::: SUPPLIED DATA :::
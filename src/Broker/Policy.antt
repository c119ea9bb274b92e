-- ===== src/Broker/Policy.antt =====
-- internal/broker/policy.go: the checks of a broker policy. Decoding the JSON document is the
-- standard library's; a policy arrives here decoded. The order in which Go walks a map is
-- unspecified, and an error carries no more than which check failed.
pub mod Laws
use sroiaaa.Base.{
  ℕ, Bool, true, false, not, ◌&&◌, ◌||◌, Option, none, some, List, [], ◌∷◌, if◌then◌else◌, ltb, leb,
  ◌==◌, Result, ok, err, ◌>>=◌, ◌>>◌, refuse_if, all,
}
use sroiaaa.Base.Int.{ℤ, is_neg, eq_nat, above, below}
use sroiaaa.Base.Text.{
  Text, codes, UnicodeTables, is_letter, is_digit, is_lower, byte_len, is_empty, text_eq,
  trim_space, lookup, member,
}
use sroiaaa.Base.FilePath.{is_abs, clean}
use sroiaaa.Broker.Types.{
  Operation, filesystem_list, filesystem_stat, filesystem_read, filesystem_tail, OperationParams,
  HostPolicy, Resource, Policy, no_params,
}

-- Which check of a policy failed.
pub data PolicyFault : Type 0 where
  bad_version no_live_hosts no_resources : PolicyFault
  name_length name_rune host_length host_rune : PolicyFault
  path_not_absolute path_not_canonical negative_limit : PolicyFault
  list_entries list_other stat_params read_bytes read_entries tail_bytes tail_other : PolicyFault
  not_routable unknown_resource repeated_resource : PolicyFault

abbrev pub policy_version : ℕ
policy_version = 1

abbrev pub max_resource_name_len : ℕ
max_resource_name_len = 64

abbrev pub max_host_selector_len : ℕ
max_host_selector_len = 253

abbrev pub max_policy_read_bytes : ℕ
max_policy_read_bytes = 65536

abbrev pub max_policy_list_items : ℕ
max_policy_list_items = 256

abbrev is_unknown : {V : Type 0} → Option V → Bool
is_unknown none = true
is_unknown (some v) = false

-- A nil map is refused.
abbrev pub present : {V : Type 0} → Option V → PolicyFault → Result PolicyFault V
present none fault = err fault
present (some v) fault = ok v

-- `for key, value := range m { if err := check(key, value) … }`.
unfoldable pub each :
    {V : Type 0}
    → (Text → V → Result PolicyFault (Unit {0}))
    → List (Text × V)
    → Result PolicyFault (Unit {0})
each check [] = ok tt
each check ((k, v) ∷ m) = do check k v; each check m

module _ (tables : UnicodeTables) where
  abbrev is_name_rune : ℕ → Bool
  is_name_rune c = is_lower tables c || is_digit tables c || c == b'.' || c == b'-' || c == b'_'

  abbrev is_host_rune : ℕ → Bool
  is_host_rune c = is_letter tables c || is_digit tables c || c == b'.' || c == b'-' || c == b'_'

  unfoldable pub validate_resource_name : Text → Result PolicyFault (Unit {0})
  validate_resource_name name = do
    refuse_if (is_empty name || ltb max_resource_name_len (byte_len name)) name_length
    refuse_if (not (all is_name_rune name)) name_rune

  unfoldable pub validate_host_selector : Text → Result PolicyFault (Unit {0})
  validate_host_selector host = do
    refuse_if
        (is_empty host
          || ltb max_host_selector_len (byte_len host)
          || not (text_eq (trim_space host) host))
        host_length
    refuse_if (not (all is_host_rune host)) host_rune

-- The parameters that a resource carries, or the zero value.
abbrev pub params_of : Option OperationParams → OperationParams
params_of none = no_params
params_of (some p) = p

abbrev outside : ℤ → ℕ → Bool
outside z most = below z 1 || above z most

-- The `switch resource.Operation` of validateResource.
unfoldable pub check_operation : Operation → OperationParams → Result PolicyFault (Unit {0})
check_operation filesystem_list params = do
  refuse_if (outside params.max_entries max_policy_list_items) list_entries
  refuse_if (not (eq_nat params.offset 0) || not (eq_nat params.max_bytes 0)) list_other
check_operation filesystem_stat params =
    refuse_if
      (not (eq_nat params.offset 0)
        || not (eq_nat params.max_bytes 0)
        || not (eq_nat params.max_entries 0))
      stat_params
check_operation filesystem_read params = do
  refuse_if (outside params.max_bytes max_policy_read_bytes) read_bytes
  refuse_if (not (eq_nat params.max_entries 0)) read_entries
check_operation filesystem_tail params = do
  refuse_if (outside params.max_bytes max_policy_read_bytes) tail_bytes
  refuse_if (not (eq_nat params.offset 0) || not (eq_nat params.max_entries 0)) tail_other
check_operation _ params = err not_routable

unfoldable pub validate_resource : Resource → Result PolicyFault (Unit {0})
unfolding check_operation
validate_resource resource = do
  refuse_if (not (is_abs resource.path)) path_not_absolute
  refuse_if (not (text_eq (clean resource.path) resource.path)) path_not_canonical
  let params = params_of resource.params
  refuse_if (is_neg params.offset || is_neg params.max_bytes || is_neg params.max_entries)
      negative_limit
  check_operation resource.operation params

-- The loop over one host's aliases; `seen` holds those met before.
unfoldable pub check_aliases :
    List (Text × Resource) → List Text → List Text → Result PolicyFault (Unit {0})
check_aliases resources seen [] = ok tt
check_aliases resources seen (name ∷ names) = do
  refuse_if (is_unknown (lookup name resources)) unknown_resource
  refuse_if (member name seen) repeated_resource
  check_aliases resources (name ∷ seen) names

unfoldable pub validate_policy : UnicodeTables → Policy → Result PolicyFault (Unit {0})
unfolding each check_aliases
validate_policy tables policy = do
  refuse_if (not (eq_nat policy.version policy_version)) bad_version
  live_hosts ← present policy.live_hosts no_live_hosts
  resources ← present policy.resources no_resources
  each (λ name resource. validate_resource_name tables name >> validate_resource resource) resources
  each
      (λ host host_policy.
        validate_host_selector tables host >> check_aliases resources [] host_policy.resources)
      live_hosts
:::
PROBLEM DETAILS: Each line from the start of the listing above through the line containing "each check ((k, v)" must be reproduced exactly. Leave out the rest.

PROBLEM SOLUTION:
filename src/Broker/Policy.antt
repository c119ea9bb274b92e
-- ===== src/Broker/Policy.antt =====
-- internal/broker/policy.go: the checks of a broker policy. Decoding the JSON document is the
-- standard library's; a policy arrives here decoded. The order in which Go walks a map is
-- unspecified, and an error carries no more than which check failed.
pub mod Laws
use sroiaaa.Base.{
  ℕ, Bool, true, false, not, ◌&&◌, ◌||◌, Option, none, some, List, [], ◌∷◌, if◌then◌else◌, ltb, leb,
  ◌==◌, Result, ok, err, ◌>>=◌, ◌>>◌, refuse_if, all,
}
use sroiaaa.Base.Int.{ℤ, is_neg, eq_nat, above, below}
use sroiaaa.Base.Text.{
  Text, codes, UnicodeTables, is_letter, is_digit, is_lower, byte_len, is_empty, text_eq,
  trim_space, lookup, member,
}
use sroiaaa.Base.FilePath.{is_abs, clean}
use sroiaaa.Broker.Types.{
  Operation, filesystem_list, filesystem_stat, filesystem_read, filesystem_tail, OperationParams,
  HostPolicy, Resource, Policy, no_params,
}

-- Which check of a policy failed.
pub data PolicyFault : Type 0 where
  bad_version no_live_hosts no_resources : PolicyFault
  name_length name_rune host_length host_rune : PolicyFault
  path_not_absolute path_not_canonical negative_limit : PolicyFault
  list_entries list_other stat_params read_bytes read_entries tail_bytes tail_other : PolicyFault
  not_routable unknown_resource repeated_resource : PolicyFault

abbrev pub policy_version : ℕ
policy_version = 1

abbrev pub max_resource_name_len : ℕ
max_resource_name_len = 64

abbrev pub max_host_selector_len : ℕ
max_host_selector_len = 253

abbrev pub max_policy_read_bytes : ℕ
max_policy_read_bytes = 65536

abbrev pub max_policy_list_items : ℕ
max_policy_list_items = 256

abbrev is_unknown : {V : Type 0} → Option V → Bool
is_unknown none = true
is_unknown (some v) = false

-- A nil map is refused.
abbrev pub present : {V : Type 0} → Option V → PolicyFault → Result PolicyFault V
present none fault = err fault
present (some v) fault = ok v

-- `for key, value := range m { if err := check(key, value) … }`.
unfoldable pub each :
    {V : Type 0}
    → (Text → V → Result PolicyFault (Unit {0}))
    → List (Text × V)
    → Result PolicyFault (Unit {0})
each check [] = ok tt
each check ((k, v) ∷ m) = do check k v; each check m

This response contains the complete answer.